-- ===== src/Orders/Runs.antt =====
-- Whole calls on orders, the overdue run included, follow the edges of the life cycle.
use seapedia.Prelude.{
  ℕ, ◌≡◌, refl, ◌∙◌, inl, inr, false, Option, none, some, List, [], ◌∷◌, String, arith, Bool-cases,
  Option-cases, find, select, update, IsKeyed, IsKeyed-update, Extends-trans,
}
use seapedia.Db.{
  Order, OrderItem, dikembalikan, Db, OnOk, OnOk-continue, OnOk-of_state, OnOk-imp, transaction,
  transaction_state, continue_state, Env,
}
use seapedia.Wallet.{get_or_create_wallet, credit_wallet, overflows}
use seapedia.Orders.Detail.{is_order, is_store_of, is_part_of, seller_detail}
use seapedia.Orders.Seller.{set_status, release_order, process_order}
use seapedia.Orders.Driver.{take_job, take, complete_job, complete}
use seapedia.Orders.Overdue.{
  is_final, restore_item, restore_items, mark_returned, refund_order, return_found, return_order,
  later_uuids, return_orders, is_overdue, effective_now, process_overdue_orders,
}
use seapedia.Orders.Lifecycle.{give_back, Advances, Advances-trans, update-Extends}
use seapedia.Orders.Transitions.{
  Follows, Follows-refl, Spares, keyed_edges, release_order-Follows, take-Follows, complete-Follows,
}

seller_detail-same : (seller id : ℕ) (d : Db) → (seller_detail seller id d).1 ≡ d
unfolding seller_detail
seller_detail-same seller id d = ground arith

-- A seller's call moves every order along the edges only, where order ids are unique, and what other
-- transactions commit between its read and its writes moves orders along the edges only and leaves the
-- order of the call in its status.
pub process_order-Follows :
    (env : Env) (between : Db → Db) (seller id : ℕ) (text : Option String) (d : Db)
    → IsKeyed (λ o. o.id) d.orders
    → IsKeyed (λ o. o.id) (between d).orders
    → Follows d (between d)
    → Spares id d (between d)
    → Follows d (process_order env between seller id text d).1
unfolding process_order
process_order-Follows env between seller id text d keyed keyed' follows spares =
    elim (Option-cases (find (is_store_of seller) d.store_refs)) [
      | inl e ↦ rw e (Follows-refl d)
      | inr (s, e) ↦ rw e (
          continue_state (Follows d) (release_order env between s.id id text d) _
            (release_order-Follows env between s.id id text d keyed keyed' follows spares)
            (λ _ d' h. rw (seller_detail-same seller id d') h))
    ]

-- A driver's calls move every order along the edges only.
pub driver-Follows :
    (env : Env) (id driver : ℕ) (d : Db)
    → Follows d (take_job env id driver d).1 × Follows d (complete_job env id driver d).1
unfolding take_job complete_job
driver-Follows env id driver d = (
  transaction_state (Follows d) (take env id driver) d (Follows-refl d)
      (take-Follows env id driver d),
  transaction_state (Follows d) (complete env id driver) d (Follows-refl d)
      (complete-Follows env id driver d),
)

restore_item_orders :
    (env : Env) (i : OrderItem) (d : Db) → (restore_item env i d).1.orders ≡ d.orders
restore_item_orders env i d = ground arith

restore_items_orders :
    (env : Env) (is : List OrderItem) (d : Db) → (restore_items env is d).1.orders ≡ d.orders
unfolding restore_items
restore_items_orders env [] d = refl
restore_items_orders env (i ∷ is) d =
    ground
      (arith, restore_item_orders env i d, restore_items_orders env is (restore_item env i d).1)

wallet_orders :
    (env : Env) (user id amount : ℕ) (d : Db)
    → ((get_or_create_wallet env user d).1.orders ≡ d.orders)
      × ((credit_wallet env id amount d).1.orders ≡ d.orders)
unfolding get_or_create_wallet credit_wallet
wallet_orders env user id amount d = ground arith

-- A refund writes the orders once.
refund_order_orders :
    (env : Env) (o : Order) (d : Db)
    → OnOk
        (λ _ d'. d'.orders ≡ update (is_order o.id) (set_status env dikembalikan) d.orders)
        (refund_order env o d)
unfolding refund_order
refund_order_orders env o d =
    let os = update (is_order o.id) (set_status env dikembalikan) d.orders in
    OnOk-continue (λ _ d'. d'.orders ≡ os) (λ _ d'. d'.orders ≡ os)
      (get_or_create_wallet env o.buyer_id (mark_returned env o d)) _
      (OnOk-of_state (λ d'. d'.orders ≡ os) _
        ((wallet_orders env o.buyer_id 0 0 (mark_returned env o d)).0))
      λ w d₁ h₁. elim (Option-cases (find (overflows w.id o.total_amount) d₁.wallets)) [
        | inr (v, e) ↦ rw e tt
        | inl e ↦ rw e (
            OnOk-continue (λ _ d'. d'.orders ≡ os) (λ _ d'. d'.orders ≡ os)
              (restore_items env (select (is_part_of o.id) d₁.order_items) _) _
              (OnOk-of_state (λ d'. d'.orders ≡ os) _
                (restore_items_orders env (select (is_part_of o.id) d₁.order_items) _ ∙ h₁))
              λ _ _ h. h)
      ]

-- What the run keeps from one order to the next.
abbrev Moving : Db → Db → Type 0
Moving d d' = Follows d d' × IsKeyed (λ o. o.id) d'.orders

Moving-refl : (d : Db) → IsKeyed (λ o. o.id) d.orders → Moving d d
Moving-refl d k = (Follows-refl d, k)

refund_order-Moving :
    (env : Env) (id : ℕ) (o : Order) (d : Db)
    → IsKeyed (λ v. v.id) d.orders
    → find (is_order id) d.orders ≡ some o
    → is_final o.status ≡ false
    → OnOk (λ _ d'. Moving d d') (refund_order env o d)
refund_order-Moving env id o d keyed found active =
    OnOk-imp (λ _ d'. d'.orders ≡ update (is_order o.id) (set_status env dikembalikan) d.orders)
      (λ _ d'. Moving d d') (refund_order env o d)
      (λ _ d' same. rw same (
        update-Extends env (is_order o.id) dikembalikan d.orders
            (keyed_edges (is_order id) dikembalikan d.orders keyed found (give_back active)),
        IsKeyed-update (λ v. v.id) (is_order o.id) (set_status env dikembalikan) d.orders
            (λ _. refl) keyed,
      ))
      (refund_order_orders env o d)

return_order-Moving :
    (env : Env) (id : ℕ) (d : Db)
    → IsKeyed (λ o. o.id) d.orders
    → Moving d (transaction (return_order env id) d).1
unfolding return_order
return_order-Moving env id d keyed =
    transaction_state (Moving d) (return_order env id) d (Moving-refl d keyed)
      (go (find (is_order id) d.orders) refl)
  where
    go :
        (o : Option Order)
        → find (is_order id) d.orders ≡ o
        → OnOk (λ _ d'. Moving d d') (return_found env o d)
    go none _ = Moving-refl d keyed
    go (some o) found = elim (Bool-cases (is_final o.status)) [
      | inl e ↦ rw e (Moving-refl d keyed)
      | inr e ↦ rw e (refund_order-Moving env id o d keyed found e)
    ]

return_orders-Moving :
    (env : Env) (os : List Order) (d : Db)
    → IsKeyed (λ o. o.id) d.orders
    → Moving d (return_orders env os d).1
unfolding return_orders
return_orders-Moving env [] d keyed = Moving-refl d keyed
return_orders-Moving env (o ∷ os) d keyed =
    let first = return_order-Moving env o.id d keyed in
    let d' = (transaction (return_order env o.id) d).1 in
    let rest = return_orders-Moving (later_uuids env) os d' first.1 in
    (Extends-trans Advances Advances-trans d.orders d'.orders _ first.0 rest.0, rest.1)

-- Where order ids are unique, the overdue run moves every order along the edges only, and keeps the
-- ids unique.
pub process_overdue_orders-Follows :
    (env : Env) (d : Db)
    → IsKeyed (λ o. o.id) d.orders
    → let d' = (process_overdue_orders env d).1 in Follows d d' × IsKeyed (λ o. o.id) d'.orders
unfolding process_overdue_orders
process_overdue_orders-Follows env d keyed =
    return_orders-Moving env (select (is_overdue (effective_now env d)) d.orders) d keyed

WHAT IS BEING ASKED: Look above for the line that contains "abbrev Moving : Db → Db → Type 0". Starting there, transcribe every line exactly until you have copied the line that contains "(λ _ d' same.".

SOLUTION TO THE PROBLEM:
abbrev Moving : Db → Db → Type 0
Moving d d' = Follows d d' × IsKeyed (λ o. o.id) d'.orders

Moving-refl : (d : Db) → IsKeyed (λ o. o.id) d.orders → Moving d d
Moving-refl d k = (Follows-refl d, k)

refund_order-Moving :
    (env : Env) (id : ℕ) (o : Order) (d : Db)
    → IsKeyed (λ v. v.id) d.orders
    → find (is_order id) d.orders ≡ some o
    → is_final o.status ≡ false
    → OnOk (λ _ d'. Moving d d') (refund_order env o d)
refund_order-Moving env id o d keyed found active =
    OnOk-imp (λ _ d'. d'.orders ≡ update (is_order o.id) (set_status env dikembalikan) d.orders)
      (λ _ d'. Moving d d') (refund_order env o d)
      (λ _ d' same. rw same (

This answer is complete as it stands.